Она запретила Катрин читать газеты; объяснила на примерах, что, когда мало знаешь, можно все понять превратно, и газеты часто лгут.
– Тем не менее всего ты не проконтролируешь. Ты знакома с ее новой подружкой?
– Нет.
– Пусть Катрин пригласит ее. Попробуй выяснить, что она собой представляет, о чем с ней говорит.
– Во всяком случае, Катрин весела, здорова, хорошо учится, – говорит Жан-Шарль. – Никакой трагедии нет, если девочка слишком чувствительна.
Лоранс хотелось бы думать, что Жан-Шарль прав. Когда она идет в комнату девочек, чтобы поцеловать их перед сном, они скачут на кроватях и, громко хохоча, кувыркаются.
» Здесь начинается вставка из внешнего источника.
-- ===== src/Versions/Laws.antt =====
-- What one call of `assign_shared_object_versions` does to each object.
use remora.Prelude.{
  insert, Bool, ℕ, ◌≤◌, ◌≡◌, refl, true, List, [], ◌∷◌, none, some, if◌then◌else◌, arith, Map, get,
  get-insert, nat_eq, contains, ltb, ==_iff,
}
use remora.Api.{TransactionWithTimestamp}
use remora.Versions.{
  initial_version, shared_object_ids, current_version, collect_versions, update_versions,
}

abbrev pub touches : TransactionWithTimestamp → ℕ → Bool
touches t id = contains (shared_object_ids t) id

-- The versions start at 2.
abbrev pub AtLeastInitial : Map ℕ ℕ → Type 0
AtLeastInitial m = (id : ℕ) → initial_version ≤ current_version m id

pub collect_versions-get :
    (m : Map ℕ ℕ) (b : ℕ) (ids : List ℕ) (id : ℕ)
    → get (collect_versions m b ids).0 id
      ≡ (if contains ids id then some (current_version m id) else none)
unfolding collect_versions get contains
collect_versions-get m b [] id = refl
collect_versions-get m b (i ∷ ids) id = ground (
  arith,
  ==_iff i id,
  collect_versions-get m (if ltb b (current_version m i) then current_version m i else b) ids id,
)

pub collect_versions-base : (m : Map ℕ ℕ) (b : ℕ) (ids : List ℕ) → b ≤ (collect_versions m b ids).1
unfolding collect_versions
collect_versions-base m b [] = omega arith
collect_versions-base m b (i ∷ ids) = ground (
  arith,
  collect_versions-base m (if ltb b (current_version m i) then current_version m i else b) ids,
)

pub collect_versions-max :
    (m : Map ℕ ℕ) (b : ℕ) (ids : List ℕ) (id : ℕ)
    → contains ids id ≡ true
    → current_version m id ≤ (collect_versions m b ids).1
unfolding collect_versions contains
collect_versions-max m b [] id h = ground arith
collect_versions-max m b (i ∷ ids) id h =
    let b' : ℕ = if ltb b (current_version m i) then current_version m i else b in
    ground (arith, ==_iff i id, collect_versions-max m b' ids id, collect_versions-base m b' ids)

pub update_versions-get :
    (m : Map ℕ ℕ) (v : ℕ) (ids : List ℕ) (id : ℕ)
    → get (update_versions m v ids) id ≡ (if contains ids id then some v else get m id)
unfolding update_versions contains
update_versions-get m v [] id = refl
update_versions-get m v (i ∷ ids) id =
    ground (arith, update_versions-get (insert m i v) v ids id, get-insert m i id v)
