-- ===== src/Versions/Chain.antt =====
-- The versions along a run of `VersionAssignmentTask`.
use remora.Prelude.{
  nat_eq, ℕ, ◌≤◌, ◌<◌, ◌≡◌, refl, true, false, List, [], ◌∷◌, none, some, if◌then◌else◌, arith, Map,
  get, contains, All,
}
use remora.SequenceNumber.{SequenceNumbers, next}
use remora.Api.{TransactionWithTimestamp}
use remora.Versions.{
  initial_version, shared_object_ids, current_version, collect_versions, assign_ids,
  assign_shared_object_versions,
}
use remora.Versions.Laws.{
  touches, AtLeastInitial, collect_versions-get, collect_versions-max, update_versions-get,
}

module _ ⦃S : SequenceNumbers⦄ where
  -- The versions after one transaction, and after several.
  abbrev pub after : Map ℕ ℕ → TransactionWithTimestamp → Map ℕ ℕ
  after m t = (assign_shared_object_versions m t).versions

  unfoldable pub after_all : Map ℕ ℕ → List TransactionWithTimestamp → Map ℕ ℕ
  after_all m [] = m
  after_all m (t ∷ ts) = after_all (after m t) ts

  -- The version that a transaction moves its objects to.
  abbrev pub new_version : Map ℕ ℕ → TransactionWithTimestamp → ℕ
  new_version m t = next (collect_versions m initial_version (shared_object_ids t)).1

  assign_ids-required :
      (m : Map ℕ ℕ) (t : TransactionWithTimestamp) (ids : List ℕ) (id : ℕ)
      → get (assign_ids m t ids).required id
        ≡ (if contains ids id then some (current_version m id) else none)
  unfolding assign_ids get contains
  assign_ids-required m t [] id = refl
  assign_ids-required m t (i ∷ ids) id = collect_versions-get m initial_version (i ∷ ids) id

  -- A transaction requires each of its objects at the current version, and no other object.
  pub required-get :
      (m : Map ℕ ℕ) (t : TransactionWithTimestamp) (id : ℕ)
      → get (assign_shared_object_versions m t).required id
        ≡ (if touches t id then some (current_version m id) else none)
  unfolding assign_shared_object_versions
  required-get m t id = assign_ids-required m t (shared_object_ids t) id

  assign_ids-get :
      (m : Map ℕ ℕ) (t : TransactionWithTimestamp) (ids : List ℕ) (id : ℕ)
      → get (assign_ids m t ids).versions id ≡ (
          if contains ids id
          then some (next (collect_versions m initial_version ids).1)
          else get m id)
  unfolding assign_ids contains
  assign_ids-get m t [] id = refl
  assign_ids-get m t (i ∷ ids) id =
      update_versions-get m (next (collect_versions m initial_version (i ∷ ids)).1) (i ∷ ids) id

  -- The objects of a transaction are written its new version, and no other object is.
  pub after-get :
      (m : Map ℕ ℕ) (t : TransactionWithTimestamp) (id : ℕ)
      → get (after m t) id ≡ (if touches t id then some (new_version m t) else get m id)
  unfolding assign_shared_object_versions
  after-get m t id = assign_ids-get m t (shared_object_ids t) id

  pub after-version :
      (m : Map ℕ ℕ) (t : TransactionWithTimestamp) (id : ℕ)
      → current_version (after m t) id
        ≡ (if touches t id then new_version m t else current_version m id)
  unfolding current_version
  after-version m t id = ground (arith, after-get m t id)

  pub current-lt-new :
      (m : Map ℕ ℕ) (t : TransactionWithTimestamp) (id : ℕ)
      → touches t id ≡ true
      → current_version m id < new_version m t
  current-lt-new m t id h = omega (
    arith,
    collect_versions-max m initial_version (shared_object_ids t) id h,
    S.next_lem (collect_versions m initial_version (shared_object_ids t)).1,
  )

  pub current-le-after :
      (m : Map ℕ ℕ) (t : TransactionWithTimestamp) (id : ℕ)
      → current_version m id ≤ current_version (after m t) id
  current-le-after m t id = ground (arith, after-version m t id, current-lt-new m t id)

  current-le-after_all :
      (m : Map ℕ ℕ) (ts : List TransactionWithTimestamp) (id : ℕ)
      → current_version m id ≤ current_version (after_all m ts) id
  unfolding after_all
  current-le-after_all m [] id = omega arith
  current-le-after_all m (t ∷ ts) id =
      omega (arith, current-le-after m t id, current-le-after_all (after m t) ts id)

  -- For two transactions of a run that share an object, with any others between them, the later
  -- one requires the object at a strictly larger version: no version is required twice.
  pub required_increases :
      (m : Map ℕ ℕ) (t u : TransactionWithTimestamp) (between : List TransactionWithTimestamp)
      (id : ℕ)
      → touches t id ≡ true
      → touches u id ≡ true
      → (v w : ℕ) × (get (assign_shared_object_versions m t).required id ≡ some v)
        × (get (assign_shared_object_versions (after_all (after m t) between) u).required id
            ≡ some w)
        × (v < w)
  required_increases m t u between id ht hu = (
    current_version m id,
    current_version (after_all (after m t) between) id,
    ground (arith, required-get m t id),
    ground (arith, required-get (after_all (after m t) between) u id),
    ground (
      arith,
      after-version m t id,
      current-lt-new m t id,
      current-le-after_all (after m t) between id,
    ),
  )

  pub after-AtLeastInitial :
      (m : Map ℕ ℕ) (t : TransactionWithTimestamp) → AtLeastInitial m → AtLeastInitial (after m t)
  after-AtLeastInitial m t h id = omega (arith, h id, current-le-after m t id)

  -- The versions never fall below the initial one.
  pub after_all-AtLeastInitial :
      (m : Map ℕ ℕ) (ts : List TransactionWithTimestamp)
      → AtLeastInitial m
      → AtLeastInitial (after_all m ts)
  unfolding after_all
  after_all-AtLeastInitial m [] h = h
  after_all-AtLeastInitial m (t ∷ ts) h =
      after_all-AtLeastInitial (after m t) ts (after-AtLeastInitial m t h)

  -- Transactions that do not touch an object leave its version alone.
  pub after_all-untouched :
      (m : Map ℕ ℕ) (ts : List TransactionWithTimestamp) (id : ℕ)
      → All (λ t. touches t id ≡ false) ts
      → current_version (after_all m ts) id ≡ current_version m id
  unfolding after_all
  after_all-untouched m [] id h = refl
  after_all-untouched m (t ∷ ts) id h =
      ground (arith, after-version m t id, after_all-untouched (after m t) ts id h.1)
Она смеется вместе с ними, подтыкает одеяла. Но не может забыть тоскливого лица Катрин. Что из себя представляет эта Брижит? Даже если она тут и ни при чем, я должна была ею поинтересоваться. Слишком многое я упускаю.
Она возвращается в living-room[12]. Ее отец и Жан-Шарль ведут один из бесконечных споров, повторяющихся каждую среду.
– Ничего подобного, люди не утратили корней, – говорит Жан-Шарль нетерпеливо. – Просто теперь их питает почва всей планеты.
– Они теперь нигде, хотя и повсюду. Даже путешествия их не радуют.
– Вы хотите, чтобы путешествие стало резкой переменой обстановки. Но земля превратилась в единую страну. Даже кажется странным, что необходимо время, чтобы перенестись из одного места в другое. – Жан-Шарль глядит на Лоранс. – Помнишь наше последнее возвращение из Нью-Йорка? Мы так привыкли к реактивным самолетам, что семь часов пути показались нам вечностью.